Work order:
In the entries below, find each line bearing the string "Client" and copy it.

Given information:

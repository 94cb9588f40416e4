-- ===== src/Overlap/Progress.antt =====
-- internal/controller while calls overlap: how a call for an accepted source concludes.
use cascader.Common.{ℤ, Text, Option, List}
use cascader.Client.{Client}
use cascader.Workloads.{deployment_workload, stateful_set_workload, daemon_set_workload}
use cascader.Targets.{Target}
use cascader.Controller.{BaseReconciler}
use cascader.Controller.Reconcile.{World}
use cascader.Stepwise.{Ending}
use cascader.Stepwise.Requests.{
  Request, deployment_request, stateful_set_request, daemon_set_request,
}
use cascader.Stepwise.Tried.Checked.{Concludes}
use cascader.Processes.Traces.{SomeOf}
use cascader.Stepwise.Tried.Answers.{Finding, FoundBy}

module _ (b : BaseReconciler) (c : Client) where
  -- An access in which a Get of the object of the request, or a patch, answers with that object, as it
  -- is then: with the annotations, and with the verdict that Stable gives on it; or in which the
  -- patch that sets the mark fails with the error.
  abbrev pub Found : Request → Finding → World c.State → World c.State → Type 0
  Found (deployment_request namespace name) =
      FoundBy c c.deployments deployment_workload b namespace name
  Found (stateful_set_request namespace name) =
      FoundBy c c.stateful_sets stateful_set_workload b namespace name
  Found (daemon_set_request namespace name) =
      FoundBy c c.daemon_sets daemon_set_workload b namespace name

-- How a call for the request may end with its accesses.
abbrev pub Concluded :
    (Text → Option ℤ)
    → BaseReconciler
    → (c : Client) → Request
    → List Target
    → List (World c.State × World c.State)
    → Ending
    → Type 0
Concluded parse_duration b c r ts own ending =
    Concludes parse_duration b c (λ x. SomeOf (Found b c r x) own) ts own ending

Output for this task:
use cascader.Client.{Client}
module _ (b : BaseReconciler) (c : Client) where
    → (c : Client) → Request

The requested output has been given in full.